What you are asked to do:
Give back exactly the lines of the data below, starting with the line that has "filename src/Protocol/Spelling.antt" and going on through the line that has "filename src/Store.antt".

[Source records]

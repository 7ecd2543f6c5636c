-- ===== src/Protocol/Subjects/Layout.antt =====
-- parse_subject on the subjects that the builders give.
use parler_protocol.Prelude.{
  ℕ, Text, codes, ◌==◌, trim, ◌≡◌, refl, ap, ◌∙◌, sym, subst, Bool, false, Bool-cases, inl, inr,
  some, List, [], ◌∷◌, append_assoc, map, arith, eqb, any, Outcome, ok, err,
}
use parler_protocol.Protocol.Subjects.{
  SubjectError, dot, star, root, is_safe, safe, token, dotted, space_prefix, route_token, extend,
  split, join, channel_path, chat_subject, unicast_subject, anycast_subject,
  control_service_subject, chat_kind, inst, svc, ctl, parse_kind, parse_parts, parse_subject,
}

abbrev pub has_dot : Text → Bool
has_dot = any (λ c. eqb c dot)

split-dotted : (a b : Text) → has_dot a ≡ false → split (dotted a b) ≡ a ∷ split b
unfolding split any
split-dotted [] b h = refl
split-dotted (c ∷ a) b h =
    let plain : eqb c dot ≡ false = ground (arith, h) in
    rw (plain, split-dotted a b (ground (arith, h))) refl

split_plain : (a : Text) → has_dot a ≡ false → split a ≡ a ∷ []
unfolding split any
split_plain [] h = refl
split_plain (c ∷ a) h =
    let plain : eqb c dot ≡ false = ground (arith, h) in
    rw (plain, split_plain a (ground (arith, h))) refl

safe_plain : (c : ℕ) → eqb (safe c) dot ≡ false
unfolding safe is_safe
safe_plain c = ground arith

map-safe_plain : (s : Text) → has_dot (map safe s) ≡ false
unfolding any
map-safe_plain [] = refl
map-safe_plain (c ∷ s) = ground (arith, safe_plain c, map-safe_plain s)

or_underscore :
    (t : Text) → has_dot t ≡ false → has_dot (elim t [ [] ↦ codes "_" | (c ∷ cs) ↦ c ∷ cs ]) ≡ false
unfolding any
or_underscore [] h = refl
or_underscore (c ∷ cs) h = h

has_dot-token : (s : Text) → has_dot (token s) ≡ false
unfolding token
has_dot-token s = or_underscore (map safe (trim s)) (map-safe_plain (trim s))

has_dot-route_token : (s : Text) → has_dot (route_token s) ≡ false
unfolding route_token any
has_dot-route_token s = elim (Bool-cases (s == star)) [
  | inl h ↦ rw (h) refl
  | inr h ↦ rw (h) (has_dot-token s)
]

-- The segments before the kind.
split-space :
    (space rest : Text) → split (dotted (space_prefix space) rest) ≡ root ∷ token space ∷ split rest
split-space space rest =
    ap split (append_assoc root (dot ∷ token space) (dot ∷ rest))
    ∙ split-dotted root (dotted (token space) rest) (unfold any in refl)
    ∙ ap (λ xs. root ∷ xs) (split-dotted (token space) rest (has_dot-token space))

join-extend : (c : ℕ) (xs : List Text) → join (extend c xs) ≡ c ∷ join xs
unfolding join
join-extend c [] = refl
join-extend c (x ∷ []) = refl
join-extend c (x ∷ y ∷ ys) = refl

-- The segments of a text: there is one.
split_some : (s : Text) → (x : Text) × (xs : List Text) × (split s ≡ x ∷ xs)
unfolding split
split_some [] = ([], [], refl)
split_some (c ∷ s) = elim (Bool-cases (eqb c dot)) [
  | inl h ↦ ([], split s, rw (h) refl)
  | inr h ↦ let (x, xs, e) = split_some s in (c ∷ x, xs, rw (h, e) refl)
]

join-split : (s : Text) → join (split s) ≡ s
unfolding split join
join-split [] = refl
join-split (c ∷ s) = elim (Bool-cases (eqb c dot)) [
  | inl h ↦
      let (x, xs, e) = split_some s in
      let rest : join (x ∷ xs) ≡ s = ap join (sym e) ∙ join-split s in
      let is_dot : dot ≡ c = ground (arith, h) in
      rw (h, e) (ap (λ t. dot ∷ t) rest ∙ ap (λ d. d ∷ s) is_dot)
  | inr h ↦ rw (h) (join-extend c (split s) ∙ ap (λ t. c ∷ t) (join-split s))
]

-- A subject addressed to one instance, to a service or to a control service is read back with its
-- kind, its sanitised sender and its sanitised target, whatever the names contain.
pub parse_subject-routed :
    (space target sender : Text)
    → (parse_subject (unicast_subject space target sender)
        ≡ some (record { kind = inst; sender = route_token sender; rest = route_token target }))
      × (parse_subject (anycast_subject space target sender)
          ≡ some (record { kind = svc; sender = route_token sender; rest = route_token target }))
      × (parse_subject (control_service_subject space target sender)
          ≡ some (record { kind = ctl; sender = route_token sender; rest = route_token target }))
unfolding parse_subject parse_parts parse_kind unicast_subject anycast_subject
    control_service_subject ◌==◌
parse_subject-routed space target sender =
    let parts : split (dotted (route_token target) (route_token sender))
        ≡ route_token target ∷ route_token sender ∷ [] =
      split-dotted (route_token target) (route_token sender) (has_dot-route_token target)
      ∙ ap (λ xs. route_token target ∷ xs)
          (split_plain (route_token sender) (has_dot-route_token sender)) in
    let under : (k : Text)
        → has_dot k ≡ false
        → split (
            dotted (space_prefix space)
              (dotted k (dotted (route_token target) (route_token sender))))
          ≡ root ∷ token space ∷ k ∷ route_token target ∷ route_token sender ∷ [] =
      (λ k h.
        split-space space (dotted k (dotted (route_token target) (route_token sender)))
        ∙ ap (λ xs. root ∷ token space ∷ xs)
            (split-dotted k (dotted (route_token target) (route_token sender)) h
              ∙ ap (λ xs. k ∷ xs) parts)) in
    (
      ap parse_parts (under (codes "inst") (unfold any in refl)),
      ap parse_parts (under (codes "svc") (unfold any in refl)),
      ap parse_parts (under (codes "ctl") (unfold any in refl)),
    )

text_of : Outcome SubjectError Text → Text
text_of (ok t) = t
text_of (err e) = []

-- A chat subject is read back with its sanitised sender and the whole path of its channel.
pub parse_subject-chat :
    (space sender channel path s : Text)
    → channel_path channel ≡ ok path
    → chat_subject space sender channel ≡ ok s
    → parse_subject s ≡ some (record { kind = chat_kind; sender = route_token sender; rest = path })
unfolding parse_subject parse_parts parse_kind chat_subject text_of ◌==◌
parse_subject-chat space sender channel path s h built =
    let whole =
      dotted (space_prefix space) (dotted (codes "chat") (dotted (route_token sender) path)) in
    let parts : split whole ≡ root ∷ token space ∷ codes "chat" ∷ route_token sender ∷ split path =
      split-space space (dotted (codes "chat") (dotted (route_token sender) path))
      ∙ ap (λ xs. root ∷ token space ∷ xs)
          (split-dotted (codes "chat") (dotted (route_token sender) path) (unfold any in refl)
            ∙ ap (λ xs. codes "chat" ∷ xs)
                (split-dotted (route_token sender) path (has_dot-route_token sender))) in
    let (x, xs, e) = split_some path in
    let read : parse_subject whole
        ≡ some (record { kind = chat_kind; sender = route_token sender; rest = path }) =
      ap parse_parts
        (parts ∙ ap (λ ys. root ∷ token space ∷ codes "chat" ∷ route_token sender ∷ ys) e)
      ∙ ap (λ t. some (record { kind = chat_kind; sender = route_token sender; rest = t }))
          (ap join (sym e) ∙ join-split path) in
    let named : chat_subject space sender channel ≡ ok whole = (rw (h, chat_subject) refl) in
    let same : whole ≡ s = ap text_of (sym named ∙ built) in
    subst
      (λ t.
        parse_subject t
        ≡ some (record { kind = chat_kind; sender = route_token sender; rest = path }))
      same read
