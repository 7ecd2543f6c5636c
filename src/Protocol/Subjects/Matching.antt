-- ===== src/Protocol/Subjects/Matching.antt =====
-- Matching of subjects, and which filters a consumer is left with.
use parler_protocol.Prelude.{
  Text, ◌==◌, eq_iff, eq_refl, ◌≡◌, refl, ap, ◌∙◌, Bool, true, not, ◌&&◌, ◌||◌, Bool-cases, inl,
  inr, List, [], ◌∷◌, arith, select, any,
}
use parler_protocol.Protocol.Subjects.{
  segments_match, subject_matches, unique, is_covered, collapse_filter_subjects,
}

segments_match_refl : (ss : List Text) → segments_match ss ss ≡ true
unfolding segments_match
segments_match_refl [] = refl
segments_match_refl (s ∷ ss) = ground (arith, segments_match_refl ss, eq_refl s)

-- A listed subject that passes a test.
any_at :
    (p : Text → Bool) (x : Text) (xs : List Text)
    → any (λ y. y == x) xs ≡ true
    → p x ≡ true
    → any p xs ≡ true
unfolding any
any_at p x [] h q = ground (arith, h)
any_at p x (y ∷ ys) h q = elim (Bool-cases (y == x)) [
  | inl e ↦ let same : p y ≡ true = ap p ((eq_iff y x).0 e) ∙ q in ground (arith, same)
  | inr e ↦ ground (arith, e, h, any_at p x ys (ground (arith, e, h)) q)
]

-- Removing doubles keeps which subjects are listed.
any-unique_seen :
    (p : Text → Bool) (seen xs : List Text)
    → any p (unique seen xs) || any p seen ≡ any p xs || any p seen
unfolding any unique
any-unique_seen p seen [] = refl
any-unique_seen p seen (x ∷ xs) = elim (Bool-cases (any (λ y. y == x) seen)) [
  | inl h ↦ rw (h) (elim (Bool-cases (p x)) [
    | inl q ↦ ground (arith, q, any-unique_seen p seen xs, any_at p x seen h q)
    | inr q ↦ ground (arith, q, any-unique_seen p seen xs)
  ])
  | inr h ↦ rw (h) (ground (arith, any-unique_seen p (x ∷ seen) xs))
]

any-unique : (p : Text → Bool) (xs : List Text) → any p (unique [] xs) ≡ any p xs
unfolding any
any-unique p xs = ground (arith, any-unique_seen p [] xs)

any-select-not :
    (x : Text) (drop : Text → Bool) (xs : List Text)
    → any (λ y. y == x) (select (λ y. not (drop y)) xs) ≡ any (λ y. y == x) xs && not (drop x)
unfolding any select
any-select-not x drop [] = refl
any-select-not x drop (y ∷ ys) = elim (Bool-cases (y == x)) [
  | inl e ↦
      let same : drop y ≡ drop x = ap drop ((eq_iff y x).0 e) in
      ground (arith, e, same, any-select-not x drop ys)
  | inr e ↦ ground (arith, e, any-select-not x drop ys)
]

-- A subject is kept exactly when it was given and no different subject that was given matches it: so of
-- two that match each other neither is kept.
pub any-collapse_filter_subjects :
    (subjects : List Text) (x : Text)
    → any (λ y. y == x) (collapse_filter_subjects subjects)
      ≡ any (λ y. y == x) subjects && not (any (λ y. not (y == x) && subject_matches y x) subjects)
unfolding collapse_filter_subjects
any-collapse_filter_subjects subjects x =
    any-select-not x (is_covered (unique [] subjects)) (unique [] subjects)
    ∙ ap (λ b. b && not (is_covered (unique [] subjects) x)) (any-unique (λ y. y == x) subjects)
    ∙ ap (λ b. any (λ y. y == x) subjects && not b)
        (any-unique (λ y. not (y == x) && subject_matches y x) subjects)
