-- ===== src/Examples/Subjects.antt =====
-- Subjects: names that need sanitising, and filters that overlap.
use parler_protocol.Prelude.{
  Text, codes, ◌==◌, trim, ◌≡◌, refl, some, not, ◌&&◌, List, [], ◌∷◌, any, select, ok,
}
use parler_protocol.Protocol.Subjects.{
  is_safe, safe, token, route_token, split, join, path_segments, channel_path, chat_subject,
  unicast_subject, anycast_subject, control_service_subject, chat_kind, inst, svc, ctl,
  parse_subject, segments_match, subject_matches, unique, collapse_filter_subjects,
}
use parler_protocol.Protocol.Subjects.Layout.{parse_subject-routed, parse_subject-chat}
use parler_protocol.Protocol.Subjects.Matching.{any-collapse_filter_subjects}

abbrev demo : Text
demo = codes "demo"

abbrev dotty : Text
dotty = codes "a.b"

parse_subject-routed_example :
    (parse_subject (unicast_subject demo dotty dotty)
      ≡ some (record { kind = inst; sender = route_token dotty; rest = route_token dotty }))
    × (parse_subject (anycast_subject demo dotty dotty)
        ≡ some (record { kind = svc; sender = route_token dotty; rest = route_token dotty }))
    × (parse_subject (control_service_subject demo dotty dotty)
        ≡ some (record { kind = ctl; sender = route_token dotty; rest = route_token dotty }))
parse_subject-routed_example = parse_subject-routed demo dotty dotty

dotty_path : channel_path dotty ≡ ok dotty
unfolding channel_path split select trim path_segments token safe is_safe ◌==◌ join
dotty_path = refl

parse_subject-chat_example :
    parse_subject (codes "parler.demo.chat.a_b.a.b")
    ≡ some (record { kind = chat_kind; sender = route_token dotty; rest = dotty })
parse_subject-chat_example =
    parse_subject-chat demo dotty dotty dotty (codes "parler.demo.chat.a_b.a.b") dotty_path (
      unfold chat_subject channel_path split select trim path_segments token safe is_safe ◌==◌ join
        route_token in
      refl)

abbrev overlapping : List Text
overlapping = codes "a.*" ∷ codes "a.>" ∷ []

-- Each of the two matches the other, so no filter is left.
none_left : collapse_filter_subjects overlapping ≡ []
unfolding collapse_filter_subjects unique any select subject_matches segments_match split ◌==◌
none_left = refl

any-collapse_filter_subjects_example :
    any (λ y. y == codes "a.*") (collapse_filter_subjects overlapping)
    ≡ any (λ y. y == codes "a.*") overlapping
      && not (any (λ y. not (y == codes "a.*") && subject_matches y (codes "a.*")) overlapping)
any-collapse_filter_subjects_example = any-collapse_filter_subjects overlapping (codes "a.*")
---
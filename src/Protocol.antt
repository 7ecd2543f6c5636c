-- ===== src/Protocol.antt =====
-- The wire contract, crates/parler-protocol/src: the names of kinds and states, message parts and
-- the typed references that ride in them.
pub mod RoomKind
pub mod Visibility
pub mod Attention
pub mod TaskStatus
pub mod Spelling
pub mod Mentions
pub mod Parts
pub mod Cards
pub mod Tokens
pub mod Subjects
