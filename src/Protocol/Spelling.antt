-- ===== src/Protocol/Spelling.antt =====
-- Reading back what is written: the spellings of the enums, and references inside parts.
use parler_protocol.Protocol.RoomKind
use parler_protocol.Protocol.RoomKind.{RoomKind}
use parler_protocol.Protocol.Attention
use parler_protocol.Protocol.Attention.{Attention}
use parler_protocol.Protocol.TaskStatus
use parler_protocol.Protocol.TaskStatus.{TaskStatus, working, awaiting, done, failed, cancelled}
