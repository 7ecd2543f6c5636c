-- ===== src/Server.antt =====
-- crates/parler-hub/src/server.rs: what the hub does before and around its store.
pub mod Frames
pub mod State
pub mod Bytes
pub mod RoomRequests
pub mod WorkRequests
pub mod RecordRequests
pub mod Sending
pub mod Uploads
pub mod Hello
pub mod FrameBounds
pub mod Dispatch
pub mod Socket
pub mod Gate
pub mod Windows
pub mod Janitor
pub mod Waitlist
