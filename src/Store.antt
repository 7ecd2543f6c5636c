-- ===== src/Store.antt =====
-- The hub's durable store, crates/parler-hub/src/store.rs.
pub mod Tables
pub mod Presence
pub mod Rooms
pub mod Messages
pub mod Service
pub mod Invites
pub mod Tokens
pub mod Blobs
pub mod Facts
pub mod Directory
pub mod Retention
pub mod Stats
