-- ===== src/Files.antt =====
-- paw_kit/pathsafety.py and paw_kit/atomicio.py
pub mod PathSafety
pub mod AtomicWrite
==
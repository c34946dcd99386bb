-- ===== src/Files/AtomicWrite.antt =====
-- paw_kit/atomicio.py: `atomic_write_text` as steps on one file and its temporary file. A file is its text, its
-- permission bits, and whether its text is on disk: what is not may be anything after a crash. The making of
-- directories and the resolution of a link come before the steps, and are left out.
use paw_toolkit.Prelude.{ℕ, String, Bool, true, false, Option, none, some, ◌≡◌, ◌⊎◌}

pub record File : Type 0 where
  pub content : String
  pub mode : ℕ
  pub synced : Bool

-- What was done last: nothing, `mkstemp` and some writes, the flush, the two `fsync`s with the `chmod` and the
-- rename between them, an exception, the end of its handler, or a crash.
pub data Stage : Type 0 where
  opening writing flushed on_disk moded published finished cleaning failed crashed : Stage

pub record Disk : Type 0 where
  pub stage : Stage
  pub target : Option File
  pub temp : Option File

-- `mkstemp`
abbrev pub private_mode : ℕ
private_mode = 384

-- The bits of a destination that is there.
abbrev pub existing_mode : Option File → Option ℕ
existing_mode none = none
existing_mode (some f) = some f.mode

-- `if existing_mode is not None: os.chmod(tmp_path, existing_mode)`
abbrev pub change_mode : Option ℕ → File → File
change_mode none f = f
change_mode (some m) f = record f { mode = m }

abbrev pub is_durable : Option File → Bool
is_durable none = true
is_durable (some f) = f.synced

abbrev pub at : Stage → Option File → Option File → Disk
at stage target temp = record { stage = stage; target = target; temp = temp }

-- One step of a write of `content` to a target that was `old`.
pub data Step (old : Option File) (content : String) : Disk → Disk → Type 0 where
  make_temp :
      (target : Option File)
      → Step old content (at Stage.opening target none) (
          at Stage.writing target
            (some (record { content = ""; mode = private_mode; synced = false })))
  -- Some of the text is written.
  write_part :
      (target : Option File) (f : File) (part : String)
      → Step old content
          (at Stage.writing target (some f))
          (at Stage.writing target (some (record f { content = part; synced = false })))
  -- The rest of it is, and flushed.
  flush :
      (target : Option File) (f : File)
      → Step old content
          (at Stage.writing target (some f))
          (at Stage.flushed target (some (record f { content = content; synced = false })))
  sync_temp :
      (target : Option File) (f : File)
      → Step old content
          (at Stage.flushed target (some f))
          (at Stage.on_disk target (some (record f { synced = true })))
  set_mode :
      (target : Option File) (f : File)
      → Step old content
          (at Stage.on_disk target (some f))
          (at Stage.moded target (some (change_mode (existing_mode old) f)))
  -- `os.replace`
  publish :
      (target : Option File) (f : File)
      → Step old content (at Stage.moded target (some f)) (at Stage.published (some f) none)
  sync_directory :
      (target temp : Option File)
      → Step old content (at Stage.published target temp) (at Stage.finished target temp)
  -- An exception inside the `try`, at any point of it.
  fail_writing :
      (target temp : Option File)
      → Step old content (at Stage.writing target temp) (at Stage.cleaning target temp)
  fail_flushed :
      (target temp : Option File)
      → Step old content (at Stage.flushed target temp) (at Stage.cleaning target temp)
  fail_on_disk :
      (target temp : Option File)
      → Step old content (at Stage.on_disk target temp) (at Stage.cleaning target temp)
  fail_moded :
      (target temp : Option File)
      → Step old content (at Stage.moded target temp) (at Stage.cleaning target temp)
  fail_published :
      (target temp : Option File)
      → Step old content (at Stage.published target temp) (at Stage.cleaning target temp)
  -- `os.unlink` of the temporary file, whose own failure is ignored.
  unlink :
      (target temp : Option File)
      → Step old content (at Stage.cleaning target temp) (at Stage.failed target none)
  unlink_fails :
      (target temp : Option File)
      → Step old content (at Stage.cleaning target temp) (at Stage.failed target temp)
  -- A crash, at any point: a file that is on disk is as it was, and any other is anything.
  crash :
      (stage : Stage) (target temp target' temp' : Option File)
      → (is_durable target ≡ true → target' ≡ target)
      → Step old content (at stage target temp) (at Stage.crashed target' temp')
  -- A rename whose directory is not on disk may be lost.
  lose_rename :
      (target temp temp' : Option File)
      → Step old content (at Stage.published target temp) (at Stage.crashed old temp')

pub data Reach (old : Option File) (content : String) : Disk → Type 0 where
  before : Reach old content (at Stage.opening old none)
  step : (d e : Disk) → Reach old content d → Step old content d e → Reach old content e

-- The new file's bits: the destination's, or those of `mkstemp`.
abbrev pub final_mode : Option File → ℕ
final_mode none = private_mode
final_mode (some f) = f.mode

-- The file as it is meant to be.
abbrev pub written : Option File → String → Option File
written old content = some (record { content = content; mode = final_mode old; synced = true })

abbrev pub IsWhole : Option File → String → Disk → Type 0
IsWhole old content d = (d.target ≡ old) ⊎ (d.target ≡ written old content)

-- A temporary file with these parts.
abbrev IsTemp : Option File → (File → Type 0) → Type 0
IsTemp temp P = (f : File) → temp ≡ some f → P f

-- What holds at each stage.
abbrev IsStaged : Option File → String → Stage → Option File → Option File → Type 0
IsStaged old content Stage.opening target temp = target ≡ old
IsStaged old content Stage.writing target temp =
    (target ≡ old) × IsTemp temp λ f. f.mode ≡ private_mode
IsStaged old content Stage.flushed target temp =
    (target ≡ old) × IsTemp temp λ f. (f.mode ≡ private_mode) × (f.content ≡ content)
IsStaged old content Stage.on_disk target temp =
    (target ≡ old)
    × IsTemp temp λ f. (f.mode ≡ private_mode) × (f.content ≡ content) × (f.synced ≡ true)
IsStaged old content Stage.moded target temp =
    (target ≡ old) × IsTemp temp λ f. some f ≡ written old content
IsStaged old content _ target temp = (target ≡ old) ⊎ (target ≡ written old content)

Response below:
filename src/Protocol/Spelling.antt
-- ===== src/Protocol/Spelling.antt =====
-- Reading back what is written: the spellings of the enums, and references inside parts.
use parler_protocol.Protocol.RoomKind
use parler_protocol.Protocol.RoomKind.{RoomKind}
use parler_protocol.Protocol.Attention
use parler_protocol.Protocol.Attention.{Attention}
use parler_protocol.Protocol.TaskStatus
use parler_protocol.Protocol.TaskStatus.{TaskStatus, working, awaiting, done, failed, cancelled}
repository 7ecd2543f6c5636c
-- ===== src/Server.antt =====
-- crates/parler-hub/src/server.rs: what the hub does before and around its store.
pub mod Frames
pub mod State
pub mod Bytes
pub mod RoomRequests
pub mod WorkRequests
pub mod RecordRequests
pub mod Sending
pub mod Uploads
pub mod Hello
pub mod FrameBounds
pub mod Dispatch
pub mod Socket
pub mod Gate
pub mod Windows
pub mod Janitor
pub mod Waitlist
filename src/Store.antt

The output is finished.